(Collected data)
___
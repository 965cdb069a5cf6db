-- ===== src/Intent/Walk/Outcomes.antt =====
-- How a walk that is not ended early leaves its nodes.
use bantu_os.Prelude.{
  ℕ, zero, suc, ◌+◌, ◌≡◌, ◌⊎◌, refl, ◌&&◌, Option, none, some, arith, leb, ok, err, Bool-cases,
  Result-cases, inl, inr,
}
use bantu_os.Prelude.Text.{Text, codes, ◌==◌}
use bantu_os.Intent.Tree.{
  GoalStatus, blocked, Goal, GoalNode, GoalNodes, node, nil, cons, mark_done, decide,
}
use bantu_os.Intent.Gate.{build_request}
use bantu_os.Intent.Leaf.{AgentManager, execute_leaf, message_of}
use bantu_os.Intent.Walk.{
  aborted, failed, out_of_fuel, State, needs_confirmation, Resolver, Step, attempts,
  handle_confirmation, run_confirmed, answered, skip, walk_leaf, leaf_node, close_node, after_first,
  started, then_children, walk, walk_children,
}

-- A leaf was run or skipped; an inner node is done, and its children are settled.
abbrev mutual
  pub Settled : GoalNode → Type 0
  Settled (node g nil) = (g.status ≡ GoalStatus.done) ⊎ (g.status ≡ blocked)
  Settled (node g (cons n ns)) = (g.status ≡ GoalStatus.done) × Settled n × AllSettled ns

  pub AllSettled : GoalNodes → Type 0
  AllSettled nil = Unit
  AllSettled (cons n ns) = Settled n × AllSettled ns

-- What the outcome of a leaf says of it.
abbrev LeafEnd : {W : Type 0} → Step Goal W → Type 0
LeafEnd (ok u, g, s) = (g.status ≡ GoalStatus.done) ⊎ (g.status ≡ blocked)
LeafEnd (err (failed e), g, s) = Unit
LeafEnd (err (aborted i), g, s) = i ≡ g.id
LeafEnd (err out_of_fuel, g, s) = Unit

module _ {W : Type 0} (am : AgentManager W) (limit : Text) (max_retries : ℕ) where
  attempts-LeafEnd :
      (fuel attempt : ℕ) (g : Goal) (s : State W)
      → LeafEnd (attempts am limit max_retries fuel attempt g s)
  unfolding attempts mark_done
  attempts-LeafEnd zero attempt g s = tt
  attempts-LeafEnd (suc fuel) attempt g s = elim (Result-cases (execute_leaf am g s.world).0) [
    | inl (result, e) ↦ rw (e, attempts) (inl refl)
    | inr (f, e) ↦
        let error = message_of limit g f in
        elim (Bool-cases ((decide g error).0 && leb attempt max_retries)) [
          | inr stop ↦ rw (e, attempts) (rw stop tt)
          | inl again ↦
              rw (e, attempts) (rw again (attempts-LeafEnd fuel (attempt + 1) (decide g error).1 _))
        ]
  ]

  answered-LeafEnd :
      (decision : Text) (g : Goal) (s : State W)
      → LeafEnd (run_confirmed am limit max_retries (answered g s decision))
  unfolding answered run_confirmed skip
  answered-LeafEnd decision g s = elim (Bool-cases (decision == codes "approve")) [
    | inl e ↦ rw e (attempts-LeafEnd 3 1 g _)
    | inr e ↦ rw e (elim (Bool-cases (decision == codes "skip")) [
      | inl e' ↦ rw e' (inr refl)
      | inr e' ↦ rw e' (elim (Bool-cases (decision == codes "abort")) [
        | inl e'' ↦ rw e'' refl
        | inr e'' ↦ rw e'' (inr refl)
      ])
    ])
  ]

  confirmed-LeafEnd :
      (resolver : Option (Resolver W)) (g : Goal) (s : State W)
      → LeafEnd (run_confirmed am limit max_retries (handle_confirmation resolver g s))
  unfolding handle_confirmation run_confirmed skip
  confirmed-LeafEnd none g s = inr refl
  confirmed-LeafEnd (some ask) g s = elim (Result-cases (ask (build_request g) s.world).0) [
    | inl (decision, e) ↦ rw (e, handle_confirmation) (answered-LeafEnd decision g _)
    | inr (f, e) ↦ rw (e, handle_confirmation) tt
  ]

  walk_leaf-LeafEnd :
      (resolver : Option (Resolver W)) (g : Goal) (s : State W)
      → LeafEnd (walk_leaf am limit max_retries resolver g s)
  unfolding walk_leaf handle_confirmation
  walk_leaf-LeafEnd resolver g s = elim (Bool-cases (needs_confirmation g s)) [
    | inl need ↦ rw need (confirmed-LeafEnd resolver g s)
    | inr free ↦ rw free (attempts-LeafEnd 3 1 g s)
  ]

  module _ (resolver : Option (Resolver W)) where
    abbrev End : Step GoalNode W → Type 0
    End (ok u, n, s) = Settled n
    End (err e, n, s) = Unit

    abbrev Ends : Step GoalNodes W → Type 0
    Ends (ok u, ns, s) = AllSettled ns
    Ends (err e, ns, s) = Unit

    after_first-Ends :
        (n : GoalNode) (r : Step GoalNodes W) → Settled n → Ends r → Ends (after_first n r)
    unfolding after_first
    after_first-Ends n (ok u, ns, s) h k = (h, k)
    after_first-Ends n (err e, ns, s) h k = tt

    then_children-Ends :
        (r : Step GoalNode W) (ns : GoalNodes) (rest : State W → Step GoalNodes W)
        → End r
        → ((s : State W) → Ends (rest s))
        → Ends (then_children r ns rest)
    unfolding then_children after_first
    then_children-Ends (ok u, n, s) ns rest h k = after_first-Ends n (rest s) h (k s)
    then_children-Ends (err e, n, s) ns rest h k = tt

    leaf_node-End : (r : Step Goal W) → LeafEnd r → End (leaf_node r)
    unfolding leaf_node
    leaf_node-End (ok u, g, s) h = h
    leaf_node-End (err e, g, s) h = tt

    close_node-End :
        (g : Goal) (n : GoalNode) (ns : GoalNodes) (r : Step GoalNodes W)
        → Ends r
        → End (close_node g r)
    unfolding close_node mark_done
    close_node-End g n ns (ok u, nil, s) h = inl refl
    close_node-End g n ns (ok u, cons m ms, s) h = (refl, h.0, h.1)
    close_node-End g n ns (err e, ms, s) h = tt

    mutual
      unfolding walk

      walk-End : (n : GoalNode) (s : State W) → End (walk am limit max_retries resolver n s)
      walk-End (node g nil) s = leaf_node-End _ (walk_leaf-LeafEnd resolver (started g) _)
      walk-End (node g (cons n ns)) s =
          close_node-End (started g) n ns _ (walk_children-Ends (cons n ns) _)

      walk_children-Ends :
          (ns : GoalNodes) (s : State W) → Ends (walk_children am limit max_retries resolver ns s)
      walk_children-Ends nil s = tt
      walk_children-Ends (cons n ns) s =
          then_children-Ends (walk am limit max_retries resolver n s) ns
            (walk_children am limit max_retries resolver ns) (walk-End n s)
            (λ s'. walk_children-Ends ns s')

    End-Settled : (r : Step GoalNode W) → End r → r.0 ≡ ok tt → Settled r.1
    End-Settled (ok u, n, s) h e = h
    End-Settled (err f, n, s) h e = absurd (ground arith)

    -- A walk that comes to its end settles every node of the tree: each leaf is done or blocked,
    -- and each inner node is done, also where a leaf under it was blocked.
    pub walk-Settled :
        (n : GoalNode) (s : State W)
        → (walk am limit max_retries resolver n s).0 ≡ ok tt
        → Settled (walk am limit max_retries resolver n s).1
    walk-Settled n s e = End-Settled _ (walk-End n s) e
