-- ===== src/Intent/Tests.antt =====
-- Concrete runs of the planner and of the walk over a goal tree.
use bantu_os.Intent.Tree.{GoalNode, node, nil, cons, new_goal}
use bantu_os.Intent.Tree.{GoalStatus}
use bantu_os.Intent.Saved
use bantu_os.Intent.Saved.{TimedGoal, TimedNode, Clock, or_none, from_dict, to_dict}
use bantu_os.Intent.Saved.Reload.{from_dict-to_dict}
use bantu_os.Prelude.{
  List, Result, ltb, if◌then◌else◌, ◌⊎◌, ℕ, ◌+◌, ◌≤◌, ◌≡◌, refl, true, false, any, Option, none,
  some, [], ◌∷◌, arith, Result, ok, err,
}
use bantu_os.Prelude.Text.{Text, codes, ◌==◌, contains, starts_with, lower}
use bantu_os.Intent.Tree.{Goal, GoalNode, node, nil, cons, new_goal}
use bantu_os.Intent.Gate.{requires_confirmation, mentions, haystack, is_destructive}
use bantu_os.Intent.Leaf.{AgentManager, timed_out, Outcome, execute_leaf, tool_error}
use bantu_os.Intent.Walk.{
  State, emit, is_approved, needs_confirmation, Resolver, attempts, walk_leaf, leaf_node,
  close_node, handle_confirmation, after_first, then_children, walk,
}
use bantu_os.Intent.Walk.Safety.{walk_without_resolver}
use bantu_os.Intent.Walk.Outcomes.{Settled, walk-Settled}
use bantu_os.Intent.Receive.{GoalTree, receive_streaming}
use bantu_os.Intent.Receive.Frames.{EndsFinal, receive_streaming-EndsFinal}
use bantu_os.Intent.Planner.{
  Planned, planned, no_steps, step, PlannedPlan, GoalPlanner, planner_for, unknown_tool,
  validate_leaf, and_step, then_steps, validate, validate_plan, plan_to_tree, fallback_tree,
}
use bantu_os.Intent.Planner.Decompose.{
  ChatMessage, Failure, Sources, decompose, tries, build_messages, with_error,
}
use bantu_os.Intent.Planner.Tries.{IsPlanned, decompose-IsPlanned}

-- An agent manager that runs texts, and counts the runs in the world.
abbrev agent : AgentManager ℕ
agent = record {
  tool_call = none;
  execute = some (λ t w. (ok (Outcome.text (codes "fine")), w + 1));
}

-- One whose runs all time out.
abbrev slow_agent : AgentManager ℕ
slow_agent = record { tool_call = none; execute = some (λ t w. (err timed_out, w + 1)) }

abbrev limit_text : Text
limit_text = codes "30"

abbrev start : State ℕ
start = record { approved = []; events = []; world = 10 }

abbrev deletes : Goal
deletes = new_goal 2 (codes "delete it") 1

abbrev lists : Goal
lists = new_goal 3 (codes "list") 1

abbrev tree : GoalNode
tree = node (new_goal 1 (codes "clean") 0) (cons (node deletes nil) (cons (node lists nil) nil))

-- No run lowers the count.
abbrev Counted : ℕ → Type 0
Counted w = 10 ≤ w

agent-Counted :
    (g : Goal) (w : ℕ)
    → requires_confirmation g ≡ false
    → Counted w
    → Counted (execute_leaf agent g w).1
unfolding execute_leaf
agent-Counted g w free h = omega arith

abbrev refuses : Resolver ℕ
refuses request w = (ok (codes "abort"), w)

abbrev planner : GoalPlanner
planner = planner_for (codes "rm" ∷ [])

abbrev cleaning : GoalTree
cleaning = record { root = tree; clarification_needed = false; clarification_question = none }

abbrev leaf : Planned
leaf = record {
  id = codes "1";
  text = codes "delete it";
  tool = some (codes "rm");
  params = none;
  requires = [];
  destructive = false;
}

abbrev plan_of : Planned → PlannedPlan
plan_of p = record { root_goal = codes "clean"; steps = step (planned p no_steps) no_steps }

walk_without_resolver_example :
    let am : AgentManager ℕ = agent in
    let limit : Text = limit_text in
    let max_retries : ℕ = 2 in
    let n : GoalNode = tree in
    let s : State ℕ = start in
    ((walk am limit max_retries none n s).2.approved ≡ [])
    × Counted (walk am limit max_retries none n s).2.world
walk_without_resolver_example =
    walk_without_resolver agent limit_text 2 Counted agent-Counted tree start refl (omega arith)

walk-Settled_example :
    let am : AgentManager ℕ = agent in
    let limit : Text = limit_text in
    let max_retries : ℕ = 2 in
    let resolver : Option (Resolver ℕ) = none in
    let n : GoalNode = tree in
    let s : State ℕ = start in Settled (walk am limit max_retries resolver n s).1
unfolding walk then_children after_first leaf_node close_node walk_leaf handle_confirmation attempts
    execute_leaf tool_error emit needs_confirmation is_approved any requires_confirmation mentions
    haystack lower contains starts_with
walk-Settled_example = walk-Settled agent limit_text 2 none tree start refl

receive_streaming-EndsFinal_example :
    let am : AgentManager ℕ = agent in
    let limit : Text = limit_text in
    let max_retries : ℕ = 2 in
    let resolver : Option (Resolver ℕ) = none in
    let render : GoalNode → Text = λ n. [] in
    let persist : GoalNode → ℕ → ℕ = λ n w. w in
    let planned : Result Text GoalTree = ok cleaning in
    let s : State ℕ = start in
    EndsFinal (receive_streaming am limit max_retries resolver render persist planned s).0
receive_streaming-EndsFinal_example =
    receive_streaming-EndsFinal agent limit_text 2 none (λ n. []) (λ n w. w) (ok cleaning) start

-- A time is a text of one character here.
abbrev read_time : Text → Option ℕ
read_time [] = none
read_time (c ∷ s) = some c

abbrev clock : Clock
clock = record { isoformat = λ t. t ∷ []; fromisoformat = read_time; now = 7 }

abbrev timed_goal : ℕ → Option ℕ → TimedGoal
timed_goal id parent_id = record {
  id = id;
  text = codes "step";
  level = 1;
  status = GoalStatus.done;
  tool = none;
  tool_params = none;
  result = some (codes "ok");
  error = none;
  retry_count = 1;
  retry_history =
      record { reason = codes "retry"; attempted_plan = []; error = []; attempted_at = 4 } ∷ [];
  parent_id = parent_id;
  requires = [];
  destructive = false;
  created_at = 3;
  completed_at = some 5;
}

abbrev linked_tree : TimedNode
linked_tree =
    Saved.node (timed_goal 1 none)
      (Saved.cons (Saved.node (timed_goal 2 (some 1)) Saved.nil) Saved.nil)

from_dict-to_dict_example :
    let n : TimedNode = linked_tree in
    let fresh : ℕ = 9 in from_dict clock (to_dict clock n) fresh ≡ (ok n, fresh)
unfolding or_none
from_dict-to_dict_example =
    from_dict-to_dict clock (λ t. refl) (λ t e. absurd (cc)) linked_tree 9
      (refl, (refl, (refl, tt), tt))

-- A model that answers nonsense twice, counting the answers in the world, and then gives a plan.
abbrev sources : Sources ℕ
sources = record {
  generate = some (λ ms w. (ok (if ltb w 2 then codes "?" else codes "{}"), w + 1));
  retrieve = none;
  read_plan = λ text. if text == codes "?" then err (codes "no JSON") else ok (plan_of leaf);
  schema = codes "{}";
}

abbrev cleaning_root : GoalNode × ℕ
cleaning_root = plan_to_tree (plan_of (record leaf { destructive = true })) 1

decompose-IsPlanned_example :
    ((sources.generate ≡ none) × (cleaning_root ≡ fallback_tree (codes "clean") 1))
    ⊎ ((generate : List ChatMessage → ℕ → Result Failure Text × ℕ) × (sources.generate
          ≡ some generate)
        × IsPlanned sources generate planner 1 cleaning_root)
unfolding decompose tries build_messages with_error bantu_os.Intent.Planner.Decompose.plan_of
    plan_to_tree validate_plan validate validate_leaf then_steps and_step unknown_tool
    is_destructive mentions any haystack lower contains starts_with ◌==◌
decompose-IsPlanned_example =
    decompose-IsPlanned sources planner 3 (codes "clean") none 1 0 cleaning_root refl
___
WORK INSTRUCTIONS:
Among the lines above, some may include the string "Saved"; state how many, and nothing more.

WRITTEN REPLY:
5